• [What to produce]
How many lines in the listing below include the word "where"? Reply with the count alone.

Start of Records for this task

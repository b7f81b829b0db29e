-- ===== src/Constraint/Encoded.antt =====
-- `SortingConstraint` of src/pme/util/cardinality_constraint.cpp from its construction to `CNFize`.
use pme.Base.{
  ℕ, ◌%◌, ◌^◌, ◌<◌, ◌≡◌, refl, sym, ap, ◌∙◌, Bool, true, false, ◌||◌, List, [], ◌∷◌, ◌++◌, length,
  Result, ok, ◌>>=◌, Returns, arith,
}
use pme.Literal.{PmeId, ClauseVec}
use pme.Variables.{VariableManager}
use pme.Network.SortSound.{IsCounter}
use pme.Network.CardinalitySound.{cardinality-IsCounter}
use pme.Constraint.{
  SortingConstraint, to_unsigned, new_sorting_constraint, add_input, add_inputs, set_cardinality,
  get_outputs, cnfize,
}

-- The state after `CNFize`: the clauses count the inputs in the outputs.
pub record Encodes (c : SortingConstraint) (clauses : ClauseVec) : Type 0 where
  pub made : c.cnfized ≡ true
  pub counts :
      IsCounter c.inputs c.cardinality_bound c.le c.ge
        (record { outputs = c.outputs; clauses = clauses })

-- `CNFize` keeps the constraint but for its outputs, and its clauses then count the inputs in them.
cnfize-Counts :
    (c : SortingConstraint) (vm : VariableManager)
    → (c.le || c.ge) ≡ true
    → 0 < length c.inputs
    → 0 < c.cardinality_bound
    → Returns
        (cnfize c vm)
        (λ r. Encodes r.1 r.0 × (r.1 ≡ record c { cnfized = true; outputs = r.1.outputs }))
unfolding cnfize
cnfize-Counts c vm either pos bound =
    let ((net, vm₁), run, counter) =
      cardinality-IsCounter c.le c.ge c.inputs c.cardinality_bound vm either pos bound in
    (
      (net.clauses, record c { cnfized = true; outputs = net.outputs }, vm₁),
      rw run refl,
      (record { made = refl; counts = counter }, refl),
    )

append-cons : (xs : List PmeId) (y : PmeId) (zs : List PmeId) → (xs ++ y ∷ []) ++ zs ≡ xs ++ y ∷ zs
append-cons [] y zs = refl
append-cons (x ∷ xs) y zs = ap (λ ys. x ∷ ys) (append-cons xs y zs)

append-nil : (xs : List PmeId) → xs ++ [] ≡ xs
append-nil [] = refl
append-nil (x ∷ xs) = ap (λ ys. x ∷ ys) (append-nil xs)

add_inputs-record :
    (ids : List PmeId) (c : SortingConstraint)
    → add_inputs ids c ≡ record c { inputs = c.inputs ++ ids }
unfolding add_inputs add_input
add_inputs-record [] c = ap (λ xs. record c { inputs = xs }) (sym (append-nil c.inputs))
add_inputs-record (id ∷ ids) c =
    add_inputs-record ids (record c { inputs = c.inputs ++ id ∷ [] })
    ∙ ap (λ xs. record c { inputs = xs }) (append-cons c.inputs id ids)

-- A constraint from its construction to its clauses: the calls of a client.
abbrev pub encode_inputs :
    Bool
    → Bool
    → List PmeId
    → ℕ
    → VariableManager
    → Result (ClauseVec × SortingConstraint × VariableManager)
encode_inputs le ge ids n vm = do
  c ← new_sorting_constraint le ge
  cnfize (set_cardinality n (add_inputs ids c)) vm

-- What is left: the clauses encode the constraint, which has the inputs, the bound and the directions given.
pub record IsEncoded (le ge : Bool) (ids : List PmeId) (n : ℕ)
    (r : ClauseVec × SortingConstraint × VariableManager) : Type 0 where
  pub encodes : Encodes r.1 r.0
  pub inputs : r.1.inputs ≡ ids
  pub bound : r.1.cardinality_bound ≡ n
  pub le_kept : r.1.le ≡ le
  pub ge_kept : r.1.ge ≡ ge
  pub visible : get_outputs r.1 ≡ ok r.1.outputs

pub cnfize-Encodes :
    (le ge : Bool) (ids : List PmeId) (n : ℕ) (vm : VariableManager)
    → (le || ge) ≡ true
    → 0 < length ids
    → 0 < n
    → n < 2 ^ 32
    → Returns (encode_inputs le ge ids n vm) (λ r. IsEncoded le ge ids n r)
unfolding new_sorting_constraint set_cardinality to_unsigned get_outputs
cnfize-Encodes le ge ids n vm either pos bound fits =
    let c : SortingConstraint = record {
      cardinality_bound = n;
      outputs = [];
      inputs = ids;
      cnfized = false;
      le = le;
      ge = ge;
    } in
    let small : n % 2 ^ 32 ≡ n = omega arith in
    let (r, run, (enc, same)) = cnfize-Counts c vm either pos bound in
    (
      r,
      rw (either, add_inputs-record ids (record c { cardinality_bound = 0; inputs = [] }), small)
          run,
      record {
        encodes = enc;
        inputs = ap (λ (x : SortingConstraint). x.inputs) same;
        bound = ap (λ (x : SortingConstraint). x.cardinality_bound) same;
        le_kept = ap (λ (x : SortingConstraint). x.le) same;
        ge_kept = ap (λ (x : SortingConstraint). x.ge) same;
        visible = rw enc.made refl;
      },
    )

End of Records for this task

• [Task answer]
2